The earth is composed of Core (Inner and Outer), Mantle (Lower and Upper) and the crust. The Inner core of the Earth is between 6370 Km to 5155 Km. The Outer Core is between 5155 Km to 2900 Km, the Lower Mantle is between 2900 Km to 670 Km, the Upper Mantle is between 670 Km to 90 Km/25 Km. The Crust is between 6-11 Km. Although the outer core’s chemical composition is uncertain, we can be sure that it is a liquid rather than a solid because of its effect on seismic waves. These are vibrations of various sorts emanating from earthquakes or underground explosions, which travel through the rock at speeds of several kilometers per second. The biggest earthquakes and the underground nuclear detonations generate seismic waves strong enough to pass right through the globe. When seismic waves encounter the outer core, those waves consisting of shearing vibrations (as inside a wobbling jelly), which is called the S waves, cannot travel through it and are either reflected or absorbed. This demonstrates that the outer core offers no resistance to shearing motions, and so must be liquid. Conversely, seismic waves that consist of alternating pulses of compression and dilation (like sound waves in air or water) called P Waves, can travel through it. There are other sorts of seismic waves that can travel only near the Earth’s surface.

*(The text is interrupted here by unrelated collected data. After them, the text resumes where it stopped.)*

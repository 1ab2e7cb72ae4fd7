-- ===== src/EventBus/Envelope/Defs.antt =====
-- sdk/pkg/eventbus/envelope.go: the envelope, its validation and encoding, and the aggregate's id of a
-- message. The payload and encoded messages are lists of bytes.
use Prim.Native.Char.{Char, code}
use Prim.Native.String.{len}
use jxt_core.Base.{
  ℕ, leb, ltb, ◌==◌, ℤ, pos, ltb_ℤ, is_empty, String, str_eq, Bool, false, not, ◌&&◌, ◌||◌, Option,
  none, some, List, [], ◌∷◌, if◌then◌else◌, get_key, string_eq, ◌≡◌,
}
use jxt_core.Outbox.Event.{Error, errorf, wrapf}
use jxt_core.Outbox.Repository.{Result, ok, err}
use jxt_core.Tenant.Provider.Keys.{split_on}

abbrev pub Bytes : Type 0
Bytes = List ℕ

pub record Envelope : Type 0 where
  pub event_id : String
  pub aggregate_id : String
  pub event_type : String
  pub event_version : ℤ
  pub timestamp : ℕ
  pub trace_id : String
  pub correlation_id : String
  pub tenant_id : ℤ
  pub payload : Bytes

-- strings.TrimSpace, and the package sdk/pkg/json, which passes on a third-party encoding.
pub record Library : Type 0 where
  pub trim_space : String → String
  pub marshal : Envelope → Result Bytes
  pub unmarshal : Bytes → Result Envelope

-- What decoding keeps of an envelope: the payload may lose its blanks and the timestamp its monotonic
-- clock.
abbrev pub IsCopy : Envelope → Envelope → Type 0
IsCopy e e' =
    (e'.event_id ≡ e.event_id)
    × (e'.aggregate_id ≡ e.aggregate_id)
    × (e'.event_type ≡ e.event_type)
    × (e'.event_version ≡ e.event_version)
    × (e'.tenant_id ≡ e.tenant_id)
    × (is_empty e'.payload ≡ is_empty e.payload)

pub record IsLibrary (l : Library) : Type 0 where
  pub trim_twice : (s : String) → l.trim_space (l.trim_space s) ≡ l.trim_space s
  pub trim_empty : l.trim_space "" ≡ ""
  pub unmarshal-marshal :
      (e : Envelope) (b : Bytes)
      → l.marshal e ≡ ok b
      → (e' : Envelope) × (l.unmarshal b ≡ ok e') × IsCopy e e'
  pub marshal_full : (e : Envelope) (b : Bytes) → l.marshal e ≡ ok b → is_empty b ≡ false

unfoldable pub new_envelope : String → String → String → ℤ → Bytes → ℕ → Envelope
new_envelope event_id aggregate_id event_type event_version payload now = record {
  event_id = event_id;
  aggregate_id = aggregate_id;
  event_type = event_type;
  event_version = event_version;
  timestamp = now;
  trace_id = "";
  correlation_id = "";
  tenant_id = pos 0;
  payload = payload;
}

abbrev pub uuid_or : Result String → String → String
uuid_or (err e) v4 = v4
uuid_or (ok v7) v4 = v7

-- The answer of uuid.NewV7, and the id that uuid.New gives where it fails.
unfoldable pub new_envelope_with_auto_id :
    Result String → String → String → String → ℤ → Bytes → ℕ → Envelope
unfolding new_envelope
new_envelope_with_auto_id v7 v4 aggregate_id event_type event_version payload now =
    new_envelope (uuid_or v7 v4) aggregate_id event_type event_version payload now

abbrev pub is_between : Char → ℕ → ℕ → Bool
is_between c a b = leb a (code c) && leb (code c) b

-- A-Z a-z 0-9 : _ - . /
unfoldable pub is_id_character : Char → Bool
is_id_character c =
    is_between c 97 122
    || is_between c 65 90
    || is_between c 48 57
    || code c == 58
    || code c == 95
    || code c == 45
    || code c == 46
    || code c == 47

unfoldable pub first_invalid : String → Option Char
unfolding is_id_character
first_invalid String.[] = none
first_invalid (String.◌∷◌ c s) =
    let rest = first_invalid s in if is_id_character c then rest else some c

-- The checks of an id without blanks around it.
unfoldable pub check_id : String → Option Error
unfolding first_invalid
check_id id =
    if str_eq id ""
    then some (errorf ("aggregate_id cannot be empty" ∷ []))
    else if ltb 256 (len id)
    then some (errorf ("aggregate_id too long (max 256 characters)" ∷ []))
    else elim (first_invalid id) [
      | none ↦ none
      | some c ↦
          some
            (errorf ("aggregate_id contains invalid character: " ∷ (String.◌∷◌ c String.[]) ∷ []))
    ]

abbrev pub wrap_invalid : Option Error → Option Error
wrap_invalid none = none
wrap_invalid (some e) = some (wrapf "invalid aggregate_id: " e)

abbrev pub header_names : List String
header_names = "X-Aggregate-ID" ∷ "x-aggregate-id" ∷ "Aggregate-ID" ∷ "aggregate-id" ∷ []

module _ (l : Library) where
  unfoldable pub validate_aggregate_id : String → Option Error
  unfolding check_id
  validate_aggregate_id id = check_id (l.trim_space id)

  abbrev pub is_blank : String → Bool
  is_blank s = str_eq (l.trim_space s) ""

  unfoldable pub validate : Envelope → Option Error
  unfolding validate_aggregate_id
  validate e =
      if is_blank e.event_id
      then some (errorf ("event_id is required" ∷ []))
      else if is_blank e.aggregate_id
      then some (errorf ("aggregate_id is required" ∷ []))
      else if is_blank e.event_type
      then some (errorf ("event_type is required" ∷ []))
      else if not (ltb_ℤ (pos 0) e.event_version)
      then some (errorf ("event_version must be positive" ∷ []))
      else if is_empty e.payload
      then some (errorf ("payload is required" ∷ []))
      else wrap_invalid (validate_aggregate_id e.aggregate_id)

  unfoldable pub to_bytes : Envelope → Result Bytes
  unfolding validate
  to_bytes e = elim (validate e) [ some problem ↦ err problem | none ↦ l.marshal e ]

  abbrev pub checked : Option Error → Envelope → Result Envelope
  checked none e = ok e
  checked (some problem) e = err (wrapf "invalid envelope: " problem)

  -- A decoded envelope, if it is valid.
  unfoldable pub validated : Result Envelope → Result Envelope
  unfolding validate
  validated (err e) = err (wrapf "failed to unmarshal envelope: " e)
  validated (ok e) = checked (validate e) e

  unfoldable pub from_bytes : Bytes → Result Envelope
  unfolding validated
  from_bytes bytes = validated (l.unmarshal bytes)

  -- The id of a decoded envelope, if it is not empty.
  abbrev pub envelope_id : Result Envelope → Option String
  envelope_id (err e) = none
  envelope_id (ok e) = if str_eq e.aggregate_id "" then none else some e.aggregate_id

  unfoldable pub id_of_envelope : Bytes → Option String
  unfolding from_bytes
  id_of_envelope bytes = if is_empty bytes then none else envelope_id (from_bytes bytes)

  -- The text without the blanks around it, if it is a valid id.
  unfoldable pub id_of_text : String → Option String
  unfolding validate_aggregate_id
  id_of_text s =
      if is_blank s
      then none
      else elim (validate_aggregate_id s) [ none ↦ some (l.trim_space s) | some e ↦ none ]

  -- The same of a text that is cut before it is checked.
  unfoldable pub id_of_key : String → Option String
  unfolding validate_aggregate_id
  id_of_key s = if is_blank s then none else elim (validate_aggregate_id (l.trim_space s)) [
    | none ↦ some (l.trim_space s)
    | some e ↦ none
  ]

  abbrev pub id_of_header : Option String → Option String
  id_of_header none = none
  id_of_header (some s) = id_of_text s

  -- The first of the headers that holds an id.
  unfoldable pub id_of_headers : List String → List (String × String) → Option String
  unfolding id_of_text
  id_of_headers [] headers = none
  id_of_headers (name ∷ names) headers = elim (id_of_header (get_key name headers)) [
    | some id ↦ some id
    | none ↦ id_of_headers names headers
  ]

  -- The last of the segments that is an id.
  unfoldable pub id_of_segments : List String → Option String
  unfolding id_of_key
  id_of_segments [] = none
  id_of_segments (p ∷ ps) = elim (id_of_segments ps) [ some id ↦ some id | none ↦ id_of_key p ]

  unfoldable pub id_of_subject : String → Option String
  unfolding id_of_segments split_on
  id_of_subject subject = if str_eq subject "" then none else id_of_segments (split_on 46 subject)

  -- The message, its headers, its Kafka key and its NATS subject, in this order.
  unfoldable pub extract_aggregate_id :
      Bytes → List (String × String) → String → String → Result String
  unfolding id_of_envelope id_of_headers id_of_key id_of_subject
  extract_aggregate_id bytes headers kafka_key nats_subject = elim (id_of_envelope bytes) [
    | some id ↦ ok id
    | none ↦ elim (id_of_headers header_names headers) [
      | some id ↦ ok id
      | none ↦ elim (id_of_key kafka_key) [
        | some id ↦ ok id
        | none ↦ elim (id_of_subject nats_subject) [
          | some id ↦ ok id
          | none ↦ err (errorf ("aggregate_id not found in any source" ∷ []))
        ]
      ]
    ]
  ]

Although the molten iron stew of the outer core has a surprisingly low viscosity (little more than that of water), it is much too dense to find its way up to the surface at volcanoes. However, it does make its presence felt at the surface through Earth’s magnetic field. This is a product of electrical currents in the outer core, which are generated because the molten material is in rapid circulation and is a good conductor of electricity. The core is surrounded by the mantle and overlying this mantle is the crust, which is relatively thin skin at the Earth’s Surface, accounting for less than 0.5 per cent of the Earth’s mass. The crust is richer in silicon and certain other elements than the mantle, so the varieties of silicate materials that are most common in the crust differ from those that characterize the mantle. However, the compositional difference between mantle and crust is trivial compared to the difference between mantle and core. There are two types of crust: one is the Oceanic Crust which is about 6-11 Km thick and mostly composed of basalt and constitutes the floor of deep oceans. Continental crust makes up the continents and floors of the shallow seas that are adjacent to most major land masses. It can be as thin as 25 Km where it has been thinned and stretched and as much as 90 Km thick below the highest mountain ranges where it has been buckled and compressed.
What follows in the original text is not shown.